:: Task directions ::
Everything from the line holding "unfolding new_traces_processor build_policies" through the final line of the entries below is to be duplicated exactly, and nothing outside that span.

Source records below:

-- ===== src/TailSampler/Life.antt =====
-- Whole runs of the tail sampler: the calls of processor/signoztailsampler/processor.go and of the
-- batcher's goroutine in any order, from what newTracesProcessor builds.
use k_o11y_otel_gateway.Prelude.{
  ℕ, ◌*◌, ◌/◌, ◌^◌, ◌≤◌, ◌<◌, String, Bool, false, Option, none, some, List, [], ◌∷◌, ◌≡◌, refl,
  length, length-replicate, replicate, ap, sym, ◌∙◌, arith,
}
use k_o11y_otel_gateway.Prelude.Results.{ok}
use k_o11y_otel_gateway.Sampling.Trace.{Span, Traces, PolicyEvaluator}
use k_o11y_otel_gateway.Sampling.Attribute.{LruCache}
use k_o11y_otel_gateway.Sampling.Hash.{Percentages}
use k_o11y_otel_gateway.TailSampler.Config.{Config, validate, sort_groups, copy}
use k_o11y_otel_gateway.TailSampler.Evaluator.{RootEvaluator}
use k_o11y_otel_gateway.TailSampler.Batcher
use k_o11y_otel_gateway.TailSampler.Batcher.Running
use k_o11y_otel_gateway.TailSampler.Table.Laws.{length-keys}
use k_o11y_otel_gateway.TailSampler.State.{Processor}
use k_o11y_otel_gateway.TailSampler.Intake.{consume_traces}
use k_o11y_otel_gateway.TailSampler.Tick.{sampling_policy_on_tick}
use k_o11y_otel_gateway.TailSampler.Build.{build_policies, policy_groups, new_traces_processor}
use k_o11y_otel_gateway.TailSampler.Bounds.{IsBounded, HasRoom, HasRoom-same, SameSetup}
use k_o11y_otel_gateway.TailSampler.Bounds.Intake.{consume_traces-IsBounded}
use k_o11y_otel_gateway.TailSampler.Tick.Laws.{sampling_policy_on_tick-IsBounded}

-- What happens to a processor: spans come in, the ticker fires, the goroutine receives an id.
pub data Event : Type 0 where
  consume : ℕ → (List (ℕ × List Span) → List (ℕ × List Span)) → Traces → Event
  tick : ℕ → Event
  receive : Event

pub record IsLive {E : Type 0} (tsp : Processor E) : Type 0 where
  pub bounded : IsBounded tsp
  pub room : HasRoom tsp
  pub pipe : 0 < length tsp.decision_batcher.batches

module _ {E : Type 0} ⦃pe : PolicyEvaluator E⦄ where
  abbrev pub happen : Event → Processor E → Option (Processor E)
  happen (consume now iterate td) tsp = consume_traces iterate now td tsp
  happen (tick now) tsp = elim (sampling_policy_on_tick now tsp) [
    | none ↦ none
    | some (m, tsp') ↦ some tsp'
  ]
  happen receive tsp = some (record tsp { decision_batcher = Batcher.fill tsp.decision_batcher })

  unfoldable pub run : List Event → Processor E → Option (Processor E)
  run [] tsp = some tsp
  run (e ∷ es) tsp = elim (happen e tsp) [ none ↦ none | some tsp' ↦ run es tsp' ]

  IsLive-same :
      {tsp tsp' : Processor E} → SameSetup tsp tsp' → IsBounded tsp' → IsLive tsp → IsLive tsp'
  IsLive-same same b h = record {
    bounded = b;
    room = HasRoom-same same h.room;
    pipe = omega (arith, h.pipe, same.same_pipe);
  }

  happen-IsLive :
      (e : Event) (tsp : Processor E)
      → IsLive tsp
      → (tsp' : Processor E) × (happen e tsp ≡ some tsp') × IsLive tsp' × SameSetup tsp tsp'
  happen-IsLive (consume now iterate td) tsp h =
      let (tsp', done, valid, same) =
        consume_traces-IsBounded iterate now td tsp h.room h.bounded in
      (tsp', done, IsLive-same same valid h, same)
  happen-IsLive (tick now) tsp h =
      let (m, tsp', done, valid, same) =
        sampling_policy_on_tick-IsBounded now tsp h.bounded h.pipe in
      (tsp', ground (arith, done), IsLive-same same valid h, same)
  happen-IsLive receive tsp h =
      let (runs, pipe) = Running.fill-running tsp.decision_batcher in
      let same = λ (b : Batcher.Batcher). record tsp { decision_batcher = b } in
      (
        same (Batcher.fill tsp.decision_batcher),
        refl,
        record {
          bounded = record {
            tracked = h.bounded.tracked;
            counted = h.bounded.counted;
            bounded = h.bounded.bounded;
            judged = h.bounded.judged;
            running = runs ∙ h.bounded.running;
          };
          room = h.room;
          pipe = rw pipe h.pipe;
        },
        record { same_max = refl; same_policies = refl; same_pipe = ap length pipe },
      )

  -- From a live processor every sequence of calls, ticks and receptions returns: none of them panics
  -- or blocks for ever, and afterwards the processor is live, holds at most `maxNumTraces` traces,
  -- and its counter says how many.
  pub run-IsLive :
      (es : List Event) (tsp : Processor E)
      → IsLive tsp
      → (tsp' : Processor E) × (run es tsp ≡ some tsp')
        × IsLive tsp'
        × (length tsp'.id_to_trace ≤ tsp.max_num_traces)
        × (tsp'.num_traces_on_map ≡ length tsp'.id_to_trace)
  unfolding run
  run-IsLive [] tsp h =
      let size : length tsp.delete_chan ≡ length tsp.id_to_trace =
        ap length (sym h.bounded.tracked) ∙ length-keys tsp.id_to_trace in
      (tsp, refl, h, omega (arith, size, h.bounded.bounded), h.bounded.counted ∙ size)
  run-IsLive (e ∷ es) tsp h =
      let (tsp₁, done, live, same) = happen-IsLive e tsp h in
      let (tsp₂, rest, live₂, small, counted) = run-IsLive es tsp₁ live in
      (tsp₂, ground (arith, done, rest), live₂, omega (arith, small, same.same_max), counted)

module _ (lru : LruCache) (compile : String → Option (String → Bool)) (fl : Percentages)
    (tag_new : String → Option String) where
  -- A processor that newTracesProcessor builds, on at least one CPU, from a valid configuration that
  -- waits for a second at least and keeps at least one trace and fewer than 2^64, is live; and it has no policy, whatever the configuration
  -- lists: they are copied into a slice of length 0.
  pub new_traces_processor-no_policies :
      (num_cpu : ℕ) (cfg : Config fl.Percentage)
      → validate cfg ≡ []
      → 1_000_000_000 ≤ cfg.decision_wait
      → 0 < num_cpu
      → 0 < cfg.num_traces
      → cfg.num_traces < 2 ^ 64
      → (tsp : Processor (RootEvaluator lru)) × (new_traces_processor lru compile fl tag_new num_cpu
            cfg
          ≡ some (ok tsp))
        × (tsp.policies ≡ [])
        × IsLive tsp
  unfolding new_traces_processor build_policies policy_groups sort_groups copy Batcher.new
  new_traces_processor-no_policies num_cpu cfg valid wait cpus room small =
      let empty : Batcher.Batch = [] in
      let b : Batcher.Batcher = record {
        pending_ids = [];
        channel_size = 2 * num_cpu;
        batches = replicate (cfg.decision_wait / 1_000_000_000) [];
        current_batch = [];
        stopped = false;
      } in
      (
        record {
          max_num_traces = cfg.num_traces;
          policies = [];
          id_to_trace = [];
          decision_batcher = b;
          delete_chan = [];
          num_traces_on_map = 0;
          forwarded = [];
        },
        ground (arith, valid, wait, cpus),
        refl,
        record {
          bounded = record {
            tracked = refl;
            counted = refl;
            bounded = omega arith;
            judged = tt;
            running = refl;
          };
          room = (room, small);
          pipe = omega (arith, wait, length-replicate (cfg.decision_wait / 1_000_000_000) empty);
        },
      )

End of Source records.

:: Finished exercise ::
  unfolding new_traces_processor build_policies policy_groups sort_groups copy Batcher.new
  new_traces_processor-no_policies num_cpu cfg valid wait cpus room small =
      let empty : Batcher.Batch = [] in
      let b : Batcher.Batcher = record {
        pending_ids = [];
        channel_size = 2 * num_cpu;
        batches = replicate (cfg.decision_wait / 1_000_000_000) [];
        current_batch = [];
        stopped = false;
      } in
      (
        record {
          max_num_traces = cfg.num_traces;
          policies = [];
          id_to_trace = [];
          decision_batcher = b;
          delete_chan = [];
          num_traces_on_map = 0;
          forwarded = [];
        },
        ground (arith, valid, wait, cpus),
        refl,
        record {
          bounded = record {
            tracked = refl;
            counted = refl;
            bounded = omega arith;
            judged = tt;
            running = refl;
          };
          room = (room, small);
          pipe = omega (arith, wait, length-replicate (cfg.decision_wait / 1_000_000_000) empty);
        },
      )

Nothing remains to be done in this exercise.